Таковы были мысли Сиддхартхи, таковы были причины его страданий, его неутолимой жажды. Часто повторял он слова из Чхандогья Упанишады: «Истинно: имя Брахмана – Сатьям, воистину, кто знает это, в небесный мир восходит каждый день». Часто казался он близким, этот небесный мир, но никогда не удавалось достичь его, никогда не удавалось до конца утолить жажду. И не было среди мудрых и мудрейших, которых он знал и которым внимал с благодарностью, того, кто достиг небесного мира, кто утолил вечную жажду.
– Говинда, – молвил однажды Сиддхартха, обращаясь к своему другу. – Говинда, дорогой, отправимся вместе к баньяновому дереву и займемся самоуглублением.
Они отправились к баньяновому дереву, опустились на землю в двадцати шагах друг от друга. Едва Говинда успел сесть и приготовиться произнести «Аум», как Сиддхартха забормотал:
«Аум» есть лук, душа – стрела,
Брахман – цель стрелы души,
Ее любой ценою нужно поразить.
Когда обычное время самоуглубления истекло, Говинда поднялся. Наступил вечер. Пора было совершить вечернее омовение. Он окликнул Сиддхартху, но не получил ответа. Сиддхартха неподвижно сидел, глубоко погрузившись в себя, неподвижным оставался его взгляд, прикованный к какой-то далекой цели, неподвижен был даже высунутый немного кончик языка. Казалось, будто он не дышит. Так сидел он, отрешенный, мыслящий «Аум», устремивший душу свою, словно стрелу, к Брахману.
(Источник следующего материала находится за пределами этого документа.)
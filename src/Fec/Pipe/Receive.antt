-- ===== src/Fec/Pipe/Receive.antt =====
-- internal/fec/pipe.go: RecvData, RecvRepair and RepairBlockDone. The decoder's k and r are those that
-- NewPipe gave to both halves.
use supervpn.Base.{ℕ, List, Bool, true, false}
use supervpn.Fec.Shards.{ReedSolomon}
use supervpn.Fec.Block.{Received}
use supervpn.Fec.Decoder
use supervpn.Fec.Decoder.{block_done}
use supervpn.Fec.Pipe.{Pipe}

module _ (rs : ReedSolomon) where
  unfoldable pub recv_data : ℕ → ℕ → ℕ → List ℕ → Pipe → Received × Pipe
  recv_data now block_id pkt_idx pkt p =
      let (out, dec) = Decoder.add rs p.enc.k p.enc.r now block_id pkt_idx pkt false p.dec in
      (out, record p { dec = dec })

  -- The block's K and R of the packet are not used.
  unfoldable pub recv_repair : ℕ → ℕ → ℕ → List ℕ → Pipe → Received × Pipe
  recv_repair now block_id repair_idx pkt p =
      let (out, dec) = Decoder.add rs p.enc.k p.enc.r now block_id repair_idx pkt true p.dec in
      (out, record p { dec = dec })

unfoldable pub repair_block_done : ℕ → Pipe → Bool
repair_block_done block_id p = block_done block_id p.dec
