-- ===== src/Fragment/Reassembler.antt =====
-- internal/fragment/fragment.go: Reassembler. Times are in nanoseconds, read by the caller from `now`.
pub mod Slots
pub mod Collect
use supervpn.Base.{
  ℕ, zero, suc, ◌+◌, ◌-◌, ◌*◌, ◌%◌, ◌^◌, ◌≤◌, ◌<◌, ◌≡◌, ◌≢◌, refl, ap, ap₂, ◌∙◌, sym, List, [], ◌∷◌,
  ◌++◌, ltb, leb, ◌==◌, ◌||◌, ◌&&◌, not, if◌then◌else◌, length, arith, true, false, Bool, Option,
  none, some, set, get_or, replicate,
}
use supervpn.Base.Assoc.{find, store, erase, keep}

abbrev pub reassembly_ttl : ℕ
reassembly_ttl = 2 * 1_000_000_000

abbrev pub max_pending : ℕ
max_pending = 256

pub record Partial : Type 0 where
  pub pieces : List (Option (List ℕ))
  pub count : ℕ
  pub got : ℕ
  pub total : ℕ
  pub created : ℕ
  pub done : Bool

abbrev pub Pending : Type 0
Pending = List (ℕ × Partial)

abbrev pub fresh : ℕ → ℕ → Partial
fresh count now = record {
  pieces = replicate count none;
  count = count;
  got = 0;
  total = 0;
  created = now;
  done = false;
}

abbrev pub in_time : ℕ → Partial → Bool
in_time now p = not (ltb reassembly_ttl (now - p.created))

-- The key of the oldest entry. The source's loop meets the entries in any order: where several are
-- equally old, this takes the first.
unfoldable pub oldest_from : ℕ → ℕ → Pending → ℕ
oldest_from id created [] = id
oldest_from id created ((i, p) ∷ pending) =
    if ltb p.created created
    then oldest_from i p.created pending
    else oldest_from id created pending

unfoldable pub drop_oldest : Pending → Pending
drop_oldest [] = []
drop_oldest ((i, p) ∷ pending) = erase (oldest_from i p.created pending) ((i, p) ∷ pending)

unfoldable pub evict_locked : ℕ → Pending → Pending
evict_locked now pending =
    let left = keep (in_time now) pending in
    if ltb (length left) max_pending then left else drop_oldest left

-- `for _, pc := range p.pieces { out = append(out, pc...) }`
unfoldable pub join : List (Option (List ℕ)) → List ℕ
join [] = []
join (none ∷ pieces) = join pieces
join (some pc ∷ pieces) = pc ++ join pieces

-- The second half of `Add`: the piece goes into the partial frame.
unfoldable pub put_piece : ℕ → List ℕ → Partial → Option (List ℕ) × Partial
put_piece idx piece p = elim (get_or p.pieces idx none) [
  | some _ ↦ (none, p)
  | none ↦
      let pieces = set p.pieces idx (some piece) in
      let total = p.total + length piece in
      if ltb (p.got + 1) p.count
      then (none, record p { pieces = pieces; got = p.got + 1; total = total })
      else (
        some (join pieces),
        record p { pieces = []; got = p.got + 1; total = total; done = true },
      )
]

-- The partial frame that the piece belongs to, and the map that it is stored in.
unfoldable pub partial_for : ℕ → ℕ → ℕ → Pending → Partial × Pending
partial_for now frag_id count pending = elim (find frag_id pending) [
  | none ↦ (fresh count now, evict_locked now pending)
  | some p ↦ if p.count == count then (p, pending) else (fresh count now, pending)
]

abbrev pub is_delivered : Option Partial → Bool
is_delivered none = false
is_delivered (some p) = p.done

-- `none` is the nil of the source.
unfoldable pub add : ℕ → ℕ → ℕ → ℕ → List ℕ → Pending → Option (List ℕ) × Pending
add now frag_id idx count piece pending =
    if count == 0 || leb count idx
    then (none, pending)
    else if count == 1
    then (some piece, pending)
    else if is_delivered (find frag_id pending)
    then (none, pending)
    else (let (p, rest) = partial_for now frag_id count pending in
        let (out, q) = put_piece idx piece p in (out, store frag_id q rest))
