-- ===== src/Proto/Auth/Hello.antt =====
-- internal/proto/packet.go: AuthHello, the client's login message.
use supervpn.Base.{
  ℕ, ◌+◌, ◌/◌, ◌≤◌, ◌<◌, ◌^◌, ◌≡◌, ◌≢◌, refl, List, [], ◌∷◌, ◌++◌, append_assoc, arith, leb,
  if◌then◌else◌, length, get_or, byte, put_u16, big_endian, big_endian-put_u16, leb→le, Go, ok,
  panic, guard, index, slice, index_ok, slice_ok, index-append, slice-append, ◌>>=◌, ◌>>◌,
  Bool-cases, inl, inr, length-append, length-take, index-ne-panic, ap, ap₂, sym, ◌∙◌, take, drop,
  take-append-drop, get_or-drop, ◌%◌,
}

pub record AuthHello : Type 0 where
  pub hub_id : ℕ
  pub login : List ℕ
  pub pw_hash : List ℕ
  pub flags : ℕ

pub data HelloError : Type 0 where
  hello_too_short : HelloError
  hello_truncated : ℕ → HelloError

-- `buf[2] = uint8(len(loginBytes))` wraps; `PWHash` is an array of 32 bytes.
unfoldable pub marshal_hello : AuthHello → List ℕ
marshal_hello a =
    put_u16 a.hub_id ++ (byte (length a.login) ∷ (a.login ++ (a.pw_hash ++ (a.flags ∷ []))))

unfoldable pub parse_hello : List ℕ → Go HelloError AuthHello
parse_hello b = do
  guard (leb (2 + 1 + 32) (length b)) hello_too_short
  hub ← slice 0 2 b
  login_len ← index 2 b
  guard (leb (2 + 1 + login_len + 32) (length b)) (hello_truncated login_len)
  login ← slice 3 (3 + login_len) b
  pwhash ← slice (3 + login_len) (3 + login_len + 32) b
  flags ← if leb (3 + login_len + 32 + 1) (length b) then index (3 + login_len + 32) b else ok 0
  ok (record { hub_id = big_endian hub; login = login; pw_hash = pwhash; flags = flags })

-- The values of the Go type whose login fits its length byte.
pub record IsHello (a : AuthHello) : Type 0 where
  pub hub_lt : a.hub_id < 2 ^ 16
  pub login_short : length a.login < 2 ^ 8
  pub hash_length : length a.pw_hash ≡ 32

-- The layout with whatever follows the password hash: nothing from an old client, the flags from a
-- new one, more from a later one.
abbrev pub hello_bytes : ℕ → List ℕ → List ℕ → List ℕ → List ℕ
hello_bytes hub login pwhash tail =
    put_u16 hub ++ (byte (length login) ∷ (login ++ (pwhash ++ tail)))

module _ (hub : ℕ) (login pwhash tail : List ℕ) where
  abbrev body : List ℕ
  body = hello_bytes hub login pwhash tail

  abbrev front : List ℕ
  front = byte (hub / 2 ^ 8) ∷ byte hub ∷ byte (length login) ∷ []

  length-body : length body ≡ 3 + length login + length pwhash + length tail
  length-body =
      omega (arith, length-append {0} login (pwhash ++ tail), length-append {0} pwhash tail)

  slice-hub : slice {E = HelloError} 0 2 body ≡ ok (put_u16 hub)
  slice-hub = slice_ok 0 2 body (omega arith) (omega arith)

  index-length : length login < 2 ^ 8 → index {E = HelloError} 2 body ≡ ok (length login)
  unfolding index
  index-length h = ap ok (omega arith)

  slice-login : slice {E = HelloError} 3 (3 + length login) body ≡ ok login
  slice-login = slice-append front login (pwhash ++ tail) 3 (3 + length login) refl refl

  slice-hash :
      length pwhash ≡ 32
      → slice {E = HelloError} (3 + length login) (3 + length login + 32) body ≡ ok pwhash
  slice-hash h =
      slice-append (front ++ login) pwhash tail (3 + length login) (3 + length login + 32)
        (omega arith) (omega arith)

-- The flags are the first byte of the tail, and 0 where there is none.
index-flags :
    (hub : ℕ) (login pwhash tail : List ℕ)
    → length pwhash ≡ 32
    → (if leb (3 + length login + 32 + 1) (length (body hub login pwhash tail))
        then index {E = HelloError} (3 + length login + 32) (body hub login pwhash tail)
        else ok 0)
      ≡ ok (get_or tail 0 0)
index-flags hub login pwhash [] h = ground (arith, length-body hub login pwhash [])
index-flags hub login pwhash (f ∷ r) h = ground (
  arith,
  length-body hub login pwhash (f ∷ r),
  rw (append_assoc login pwhash (f ∷ r)) at (
      index-append {E = HelloError} (front hub login pwhash [] ++ (login ++ pwhash)) f r
        (3 + length login + 32) (omega (arith, length-append {0} login pwhash))),
)

-- What a server reads from a hello of any age: the fields, with the flags 0 where they are missing.
pub parse_hello-hello_bytes :
    (hub : ℕ) (login pwhash tail : List ℕ)
    → hub < 2 ^ 16
    → length login < 2 ^ 8
    → length pwhash ≡ 32
    → parse_hello (hello_bytes hub login pwhash tail)
      ≡ ok (record { hub_id = hub; login = login; pw_hash = pwhash; flags = get_or tail 0 0 })
unfolding parse_hello
parse_hello-hello_bytes hub login pwhash tail hh hl hp = ground (
  arith,
  length-body hub login pwhash tail,
  slice-hub hub login pwhash tail,
  index-length hub login pwhash tail hl,
  slice-login hub login pwhash tail,
  slice-hash hub login pwhash tail,
  index-flags hub login pwhash tail,
  big_endian-put_u16 hub hh,
)

-- The server reads back every hello that a client writes.
pub parse_hello-marshal_hello : (a : AuthHello) → IsHello a → parse_hello (marshal_hello a) ≡ ok a
unfolding marshal_hello
parse_hello-marshal_hello a v =
    parse_hello-hello_bytes a.hub_id a.login a.pw_hash (a.flags ∷ []) v.hub_lt v.login_short
      v.hash_length

-- On any input the parser stays inside the buffer.
pub parse_hello-ne-panic : (b : List ℕ) → parse_hello b ≢ panic
unfolding parse_hello
parse_hello-ne-panic b = elim (Bool-cases (leb 35 (length b))) [
  | inr short ↦ rw (short, parse_hello) (λ e. cc)
  | inl long ↦
      let (n, e) = index_ok {E = HelloError} 2 b (omega (arith, leb→le 35 (length b) long)) in
      ground (
        arith,
        e,
        slice_ok {E = HelloError} 0 2 b,
        slice_ok {E = HelloError} 3 (3 + n) b,
        slice_ok {E = HelloError} (3 + n) (3 + n + 32) b,
        index-ne-panic {E = HelloError} (3 + n + 32) b,
      )
]

-- The server cuts what a client writes after the login length modulo 256, whatever the login is: a login
-- of 256 bytes or more is read as its first `length % 256` bytes, and the next 32 bytes of the message,
-- which start inside the login, as the password hash.
pub parse_hello-wrapped_login :
    (a : AuthHello)
    → a.hub_id < 2 ^ 16
    → length a.pw_hash ≡ 32
    → let cut = length a.login % 2 ^ 8 in
      let rest = drop cut a.login ++ (a.pw_hash ++ (a.flags ∷ [])) in
      parse_hello (marshal_hello a)
      ≡ ok (record {
        hub_id = a.hub_id;
        login = take cut a.login;
        pw_hash = take 32 rest;
        flags = get_or rest 32 0;
      })
unfolding marshal_hello
parse_hello-wrapped_login a small hash =
    let cut = length a.login % 2 ^ 8 in
    let rest : List ℕ = drop cut a.login ++ (a.pw_hash ++ (a.flags ∷ [])) in
    let read : ℕ = length (take cut a.login) in
    let fits : read ≡ cut = omega (arith, length-take {0} cut a.login) in
    let long : 32 ≤ length rest = omega (
      arith,
      length-append {0} (drop cut a.login) (a.pw_hash ++ (a.flags ∷ [])),
      length-append {0} a.pw_hash (a.flags ∷ []),
      hash,
    ) in
    let same_tail : take cut a.login ++ (take 32 rest ++ drop 32 rest)
        ≡ a.login ++ (a.pw_hash ++ (a.flags ∷ [])) =
      ap (λ t. take cut a.login ++ t) (take-append-drop 32 rest)
      ∙ sym (append_assoc (take cut a.login) (drop cut a.login) (a.pw_hash ++ (a.flags ∷ [])))
      ∙ ap (λ l. l ++ (a.pw_hash ++ (a.flags ∷ []))) (take-append-drop cut a.login) in
    let same_byte : byte read ≡ byte (length a.login) = omega (arith, fits) in
    ap parse_hello (ap₂ (λ n t. put_u16 a.hub_id ++ (n ∷ t)) (sym same_byte) (sym same_tail))
    ∙ parse_hello-hello_bytes a.hub_id (take cut a.login) (take 32 rest) (drop 32 rest) small
        (omega (arith, fits)) (omega (arith, length-take {0} 32 rest))
    ∙ ap
        (λ f. ok (record {
          hub_id = a.hub_id;
          login = take cut a.login;
          pw_hash = take 32 rest;
          flags = f;
        }))
        (get_or-drop 32 rest 0 0)
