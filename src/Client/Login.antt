-- ===== src/Client/Login.antt =====
-- internal/vpnclient/client.go: authenticate. The packets that the transport receives are a list, at
-- whose end Recv fails.
use supervpn.Base.{
  ◌≡◌, refl, true, arith, ℕ, List, [], ◌∷◌, ◌++◌, ltb, ◌==◌, if◌then◌else◌, length, Option, none,
  some, Go, ok, err, panic,
}
use supervpn.Base.Text.{codes, decimal}
use supervpn.Proto.Header.{Header, frame_auth, marshal, parse_header}
use supervpn.Proto.Auth.Message.{auth_msg_hello, auth_msg_ok, auth_msg_error, flag_fragment}
use supervpn.Proto.Auth.Hello.{AuthHello, marshal_hello}
use supervpn.Proto.Auth.Reply.{AuthOk, ReplyError, parse_ok, parse_error}
use supervpn.Crypto.Keys.{KeySource, derive_key}
use supervpn.Crypto.Packet.{Cipher}
use supervpn.Link.Packet.{payload_of}
use supervpn.Client.Address.{wire_hash_hex}

-- The settings of ClientConfig that a login uses.
pub record Account : Type 0 where
  pub hub_id : ℕ
  pub login : List ℕ
  pub password : List ℕ

-- The key is what the cipher was made from.
pub record AuthResult : Type 0 where
  pub session_id : ℕ
  pub key : List ℕ
  pub cipher : Cipher
  pub server_k : ℕ
  pub server_r : ℕ
  pub server_repair_delay : ℕ
  pub server_flags : ℕ

pub data LoginError : Type 0 where
  waiting_for_response derive_key_error new_cipher_error : LoginError
  parse_auth_ok : ReplyError → LoginError
  server_rejected : List ℕ → LoginError

-- The message of an AuthError; ParseAuthError's error leaves it empty.
abbrev pub message_of : Go ReplyError (List ℕ) → List ℕ
message_of (ok message) = message
message_of (err e) = []
message_of panic = []

module _ (source : KeySource) (account : Account) where
  unfoldable pub hello_packet : List ℕ
  hello_packet =
      let header : Header = record {
        frame_type = frame_auth;
        hub_id = account.hub_id;
        session_id = 0;
        seq = 0;
      } in
      let hello : AuthHello = record {
        hub_id = account.hub_id;
        login = account.login;
        pw_hash = source.sha256 account.password;
        flags = flag_fragment;
      } in
      marshal header ++ (auth_msg_hello ∷ marshal_hello hello)

  -- The salt is what the random source gives to NewCipher.
  unfoldable pub use_auth_ok : List ℕ → Go ReplyError AuthOk → Go LoginError AuthResult
  use_auth_ok salt (err e) = err (parse_auth_ok e)
  use_auth_ok salt panic = panic
  use_auth_ok salt (ok message) =
      let hub_name = codes "hub" ++ decimal account.hub_id in
      elim (derive_key source (wire_hash_hex source account.password) hub_name account.login
        (codes "server")) [
          | none ↦ err derive_key_error
          | some key ↦
              if ltb (length key) 16
              then err new_cipher_error
              else ok (record {
                session_id = message.session_id;
                key = key;
                cipher = record { counter = 0; peer_id = message.session_id; salt = salt };
                server_k = message.fec_k;
                server_r = message.fec_r;
                server_repair_delay = message.fec_repair_delay;
                server_flags = message.flags;
              })
        ]

  -- What the loop does with the payload of a FrameAuth; `none` is to wait for the next packet.
  unfoldable pub on_auth_payload : List ℕ → List ℕ → Option (Go LoginError AuthResult)
  on_auth_payload salt [] = none
  on_auth_payload salt (kind ∷ body) =
      if kind == auth_msg_ok
      then some (use_auth_ok salt (parse_ok body))
      else if kind == auth_msg_error
      then some (err (server_rejected (message_of (parse_error body))))
      else none

  unfoldable pub on_reply : List ℕ → List ℕ → Option (Go LoginError AuthResult)
  on_reply salt pkt = elim (parse_header pkt) [
    | none ↦ none
    | some hdr ↦
        if hdr.frame_type == frame_auth then on_auth_payload salt (payload_of pkt) else none
  ]

  pub on_reply_auth :
      (salt pkt : List ℕ) (hdr : Header)
      → parse_header pkt ≡ some hdr
      → hdr.frame_type ≡ frame_auth
      → on_reply salt pkt ≡ on_auth_payload salt (payload_of pkt)
  unfolding on_reply
  on_reply_auth salt pkt hdr e t =
      let is_auth : (hdr.frame_type == frame_auth) ≡ true = ground arith in
      rw (on_reply, e, is_auth) refl

  unfoldable pub wait_reply : List ℕ → List (List ℕ) → Go LoginError AuthResult
  wait_reply salt [] = err waiting_for_response
  wait_reply salt (pkt ∷ pkts) = elim (on_reply salt pkt) [
    | some result ↦ result
    | none ↦ wait_reply salt pkts
  ]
Однажды через город прошли саманы, странствующие аскеты, трое худых мужчин с изможденными, потухшими лицами, ни старые, ни молодые, с окровавленными, покрытыми пылью плечами, почти нагие под безжалостным солнцем, – три окруженных одиночеством, чуждых и враждебных миру тощих шакала во владениях людей. От них жарко, словно из печи, веяло безмолвной страстью, разрушительным долгом беспощадного самоотречения.
Вечером, после часа созерцания, Сиддхартха сказал Говинде:
– Мой друг, завтра на рассвете Сиддхартха отправится к саманам. Он станет одним из них.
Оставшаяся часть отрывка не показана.